Israel Dutra e Fred Fuentes

A extrema-direita costuma atacar os imigrantes com o discurso de que eles estão “invadindo suas terras”. Isso revela mais um caráter supremacista do que de fato uma defesa de território, já que esses grupos são colonizadores assentados em terras ocupadas. Como você enxerga esse discurso da direita em relação à migração e à proteção de fronteiras, considerando que eles mesmos vivem em terras roubadas?

Lidia Thorpe

Eles são almas perdidas, porque não conhecem a verdadeira história deste país, ou preferem ignorá-la. Eles são os verdadeiros imigrantes. E são os imigrantes que nós não queremos aqui: os brancos.
Todos os outros são bem-vindos, mas não aqueles que causam tanto dano. Esses são colonizadores. Mas ninguém nasce racista. Eles foram ensinados a ser assim. É parte da narrativa colonial, porque este país negou às pessoas a educação necessária para não serem racistas. Assim, apenas perpetuam essa narrativa racista colonial.
 Eles se tornaram homens pequenos, perdidos, sem alma, sem conexão com lugar nenhum. Porque eles não são destas terras. E certamente não são bem-vindos. Quanto mais cedo aceitarem que estão em terras roubadas e que precisam respeitar a terra que é nossa, melhor. Esses “pequenos nazistas” precisam começar a pagar aluguel por viver em terra roubada.
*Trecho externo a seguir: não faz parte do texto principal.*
-- ===== src/Resources/Encoder.antt =====
-- resources/encoder.py.
use Prim.Native.String.{String}
use teensy_io.Base.{ℕ, Option, some, List, [], ◌∷◌, true}
use teensy_io.Base.{◌≡◌, arith}
use teensy_io.Base.Int.{ℤ, pos, ◌-ℤ◌}
use teensy_io.Protocol.Commands.{CommandId}
use teensy_io.Protocol.Errors.{Result, ok}
use teensy_io.Protocol.Exec.{Exec, pure, gets, lift, modify, ◌>>=◌, ◌>>◌}
use teensy_io.Client.Inbox.{unpack_i32}
use teensy_io.Resources.Deltas.{sum_from, repeat, differences_lem}
use teensy_io.Base.{refl}
use teensy_io.Resources.{Io, Held, on_io, lookup, bytes_of, required}

pub record QuadratureEncoder : Type 0 where
  pub name : String
  pub id : Option ℕ
  pub last_position : ℤ

abbrev pub encoder_modes : List (String × ℕ)
encoder_modes = ("x1", 1) ∷ ("x2", 2) ∷ ("x4", 4) ∷ []

module _ {S : Type 0} (io : Io S) where
  -- `pin_a` and `pin_b` are what `int` makes of them, or raises.
  unfoldable pub attach : Result ℤ → Result ℤ → String → Exec (Held QuadratureEncoder S) (Unit {0})
  attach pin_a pin_b mode = do
    mode_code ← lift (lookup mode encoder_modes)
    name ← gets (λ h. h.self.name)
    id ← on_io (io.encoder_id name)
    modify (λ h. record h { self = record h.self { id = some id } })
    a ← lift pin_a
    b ← lift pin_b
    payload ← lift (bytes_of (pos id ∷ a ∷ b ∷ pos mode_code ∷ []))
    on_io (io.command CommandId.config_encoder payload true)
    pure tt

  unfoldable pub read : Exec (Held QuadratureEncoder S) ℤ
  read = do
    checked ← gets (λ h. required h.self.id)
    id ← lift checked
    payload ← lift (bytes_of (pos id ∷ []))
    response ← on_io (io.command CommandId.encoder_read payload true)
    lift (unpack_i32 response)

  unfoldable pub delta : Exec (Held QuadratureEncoder S) ℤ
  unfolding read
  delta = do
    position ← read
    change ← gets (λ h. position -ℤ h.self.last_position)
    modify (λ h. record h { self = record h.self { last_position = position } })
    pure change

  unfoldable pub reset : Exec (Held QuadratureEncoder S) (Unit {0})
  reset = do
    checked ← gets (λ h. required h.self.id)
    id ← lift checked
    payload ← lift (bytes_of (pos id ∷ []))
    on_io (io.command CommandId.encoder_reset payload true)
    modify (λ h. record h { self = record h.self { last_position = pos 0 } })

module _ {S : Type 0} (io : Io S) where
  -- Reading leaves the encoder as it was.
  read-self : (h : Held QuadratureEncoder S) → (read io h).1.self ≡ h.self
  unfolding read
  read-self h = ground arith

  -- While nothing else is done to the encoder, the results of `delta` add up: however the position
  -- moves between the calls, the sum of what they return is the position that the last of them read,
  -- less the one that was read before the first.
  pub deltas-sum :
      (n : ℕ) (h : Held QuadratureEncoder S) (ds : List ℤ)
      → (repeat n (delta io) h).0 ≡ ok ds
      → (repeat n (delta io) h).1.self.last_position ≡ sum_from h.self.last_position ds
  unfolding delta
  deltas-sum =
      differences_lem (read io) (λ e. e.last_position) (λ e z. record e { last_position = z })
        (λ e z. refl) read-self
Israel Dutra e Fred Fuentes

Para finalizar, agradecemos muito o seu tempo e gostaríamos de manter contato. Queremos convidá-la a participar do Encontro Antifascista Internacional que estamos organizando no Brasil em março do próximo ano. Acreditamos que seria extremamente importante ter a sua voz e a de outros povos indígenas do mundo nesse espaço.

Lidia Thorpe

Obrigada, meu irmão. Eu adoraria conhecer o seu belo país. E sim, se eu conseguir, estarei lá. Também tenho compromissos no Parlamento, mas se não houver sessão, eu irei.